As medidas disciplinares internas do PSD, entretanto, não são nem a única, nem a principal punição política que Traiano deveria sofrer. Há motivos mais que suficientes para um processo de cassação na Alep, onde o governo estadual tem maioria tranquila, mas os deputados estaduais vêm blindando Traiano sem impor-lhe constrangimento – uma representação por quebra de decoro foi arquivada pelo Conselho de Ética da casa –, ignorando discursos esporádicos de alguns parlamentares e a pressão da sociedade civil organizada. Nem mesmo deixar a presidência da Alep parece um desfecho plausível neste caso, ao contrário do que aconteceu com outros políticos como Renan Calheiros, que renunciou à presidência do Senado em 2007 para escapar de uma cassação.
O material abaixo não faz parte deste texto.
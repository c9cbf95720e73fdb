-- ===== src/Elicitation/Message.antt =====
-- destructiveElicitationMessage of src/utils/destructive-elicitation.ts: what a human is asked to
-- approve.
use b2_mcp.Base.{
  Bool, List, String, [], codes, false, filter, if◌then◌else◌, length, suc, take, ℕ, ◌++◌, ◌||◌,
  ◌∷◌,
}
use b2_mcp.Json.{Fields, Json, arr, get, is_true, null, num, obj}
use b2_mcp.Csv.{Units}
use b2_mcp.Toon.Columns.{decimal}
use b2_mcp.Elicitation.Client.{has_field}
use b2_mcp.Elicitation.Prompt.{
  count_items, joined, list_items, prompt_detail, prompt_list_detail, prompt_target_detail_limit,
  prompt_truncation_detail, record_object, record_value, utf16, value_in,
}

abbrev pub prompt_fields : List (String × String)
prompt_fields =
    ("Bucket ID", "bucketId")
    ∷ ("Bucket", "bucket")
    ∷ ("Object key", "key")
    ∷ ("Version ID", "versionId")
    ∷ ("File ID", "fileId")
    ∷ ("File name", "fileName")
    ∷ ("Application key ID", "applicationKeyId")
    ∷ ("Application key name", "keyName")
    ∷ ("Admin account ID", "adminAccountId")
    ∷ ("Group ID", "groupId")
    ∷ ("Member account ID", "memberAccountId")
    ∷ ("Member email", "memberEmail")
    ∷ ("Account email", "email")
    ∷ ("Operation", "operation")
    ∷ ("Expiry seconds", "expiresIn")
    ∷ ("Upload ID", "uploadId")
    ∷ []

abbrev pub array_count : Json → Json
array_count (arr xs) = num (count_items xs)
array_count _ = null

abbrev pub schedules_removal : Json → Bool
schedules_removal (obj fs) = has_field "expiration" fs || has_field "noncurrentVersionExpiration" fs
schedules_removal _ = false

abbrev pub lifecycle_deletion_rule_count : Json → Json
lifecycle_deletion_rule_count (arr xs) = num (length (filter schedules_removal (list_items xs)))
lifecycle_deletion_rule_count _ = null

-- `${name} ${index + 1} ${what}`
abbrev pub numbered : String → ℕ → String → Units
numbered name index what = codes name ++ 32 ∷ decimal (suc index) ++ 32 ∷ codes what

-- The details of the targets at the indices from `index` on; what is no object has none.
abbrev pub each_target : (ℕ → Fields → List Units) → ℕ → List Json → List Units
each_target describe index [] = []
each_target describe index (obj fs ∷ vs) = describe index fs ++ each_target describe (suc index) vs
each_target describe index (v ∷ vs) = each_target describe (suc index) vs

module _ (sanitize : Units → Units) where
  -- The first targets of a list, and how many more there are.
  abbrev pub target_details : (ℕ → Fields → List Units) → String → Json → List Units
  target_details describe label (arr xs) =
      each_target describe 0 (take prompt_target_detail_limit (list_items xs))
      ++ prompt_truncation_detail (codes label) (count_items xs)
  target_details describe label _ = []

  abbrev pub object_target : ℕ → Fields → List Units
  object_target index fs =
      prompt_detail sanitize (numbered "Object" index "key") (record_value fs ("key" ∷ "Key" ∷ []))
      ++ prompt_detail sanitize (numbered "Object" index "version ID")
          (record_value fs ("versionId" ∷ "VersionId" ∷ []))

  unfoldable pub bulk_object_target_details : Json → List Units
  bulk_object_target_details v = target_details object_target "object targets" v

  abbrev pub rule_value : ℕ → Fields → String → List String → List String → List Units
  rule_value index rule what part keys =
      prompt_detail sanitize (numbered "Rule" index what) (value_in (record_object rule part) keys)

  abbrev pub lifecycle_rule_target : ℕ → Fields → List Units
  lifecycle_rule_target index rule =
      prompt_detail sanitize (numbered "Rule" index "ID") (record_value rule ("id" ∷ "ID" ∷ []))
      ++ prompt_detail sanitize (numbered "Rule" index "status")
          (record_value rule ("status" ∷ "Status" ∷ []))
      ++ rule_value index rule "prefix" ("filter" ∷ "Filter" ∷ []) ("prefix" ∷ "Prefix" ∷ [])
      ++ rule_value index rule "expiration days" ("expiration" ∷ "Expiration" ∷ [])
          ("days" ∷ "Days" ∷ [])
      ++ rule_value index rule "expired object delete marker" ("expiration" ∷ "Expiration" ∷ [])
          ("expiredObjectDeleteMarker" ∷ "ExpiredObjectDeleteMarker" ∷ [])
      ++ rule_value index rule "noncurrent expiration days"
          ("noncurrentVersionExpiration" ∷ "NoncurrentVersionExpiration" ∷ [])
          ("noncurrentDays" ∷ "NoncurrentDays" ∷ [])
      ++ rule_value index rule "abort incomplete upload days"
          ("abortIncompleteMultipartUpload" ∷ "AbortIncompleteMultipartUpload" ∷ [])
          ("daysAfterInitiation" ∷ "DaysAfterInitiation" ∷ [])

  unfoldable pub lifecycle_rule_target_details : Json → List Units
  lifecycle_rule_target_details v = target_details lifecycle_rule_target "lifecycle rules" v

  abbrev pub notification_rule_target : ℕ → Fields → List Units
  notification_rule_target index rule =
      prompt_detail sanitize (numbered "Notification rule" index "name")
        (record_value rule ("name" ∷ []))
      ++ prompt_detail sanitize (numbered "Notification rule" index "object prefix")
          (record_value rule ("objectNamePrefix" ∷ []))
      ++ prompt_list_detail sanitize (numbered "Notification rule" index "event types")
          (record_value rule ("eventTypes" ∷ []))
      ++ prompt_detail sanitize (numbered "Notification rule" index "enabled")
          (record_value rule ("isEnabled" ∷ []))

  unfoldable pub notification_rule_target_details : Json → List Units
  notification_rule_target_details v =
      target_details notification_rule_target "notification rules" v

  abbrev pub field_details : Fields → List (String × String) → List Units
  field_details args [] = []
  field_details args ((label, key) ∷ fields) =
      prompt_detail sanitize (codes label) (get key args) ++ field_details args fields

  unfoldable pub destructive_elicitation_details : Fields → List Units
  destructive_elicitation_details args =
      field_details args prompt_fields
      ++ prompt_detail sanitize (codes "Object count") (array_count (get "objects" args))
      ++ bulk_object_target_details (get "objects" args)
      ++ prompt_detail sanitize (codes "Rule count") (array_count (get "rules" args))
      ++ lifecycle_rule_target_details (get "rules" args)
      ++ prompt_detail sanitize (codes "Notification rule count")
          (array_count (get "eventNotificationRules" args))
      ++ notification_rule_target_details (get "eventNotificationRules" args)
      ++ prompt_detail sanitize (codes "Deletion rule count")
          (lifecycle_deletion_rule_count (get "rules" args))
      ++ (if is_true (get "bypassGovernance" args)
          then codes "Governance bypass requested." ∷ []
          else [])

  unfoldable pub destructive_elicitation_message : String → String → Fields → Units
  destructive_elicitation_message tool effect args = joined (codes " ") (
      (utf16 tool ++ codes " would " ++ sanitize (utf16 effect) ++ codes ".")
        ∷ destructive_elicitation_details args
      ++ codes "Approve this destructive B2 operation?" ∷ [])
O Brasil olha para o Paraná com gratidão quando se trata do combate à corrupção; foi aqui que surgiu a Operação Lava Jato, que ao longo de anos conseguiu resultados notáveis e inéditos ao desvendar um gigantesco esquema de dimensões nacionais, antes que todo esse trabalho heroico fosse desfeito pelo Supremo Tribunal Federal. Mas, longe dos olhos do resto do país, o estado se transforma naquilo que o ex-procurador Diogo Castor de Mattos chamou, em artigo publicado em 2017 na Gazeta do Povo, de “paraíso da impunidade”. São dois Paranás diametralmente opostos, e a população paranaense sabe muito bem qual deles ela deseja; resta saber se esse também é o Paraná que sua classe política deseja – e isso passa diretamente pelas mãos de quem tem a capacidade de influenciar um partido e uma base aliada para impedir que os corruptos sigam locupletando-se sem responder por seus atos.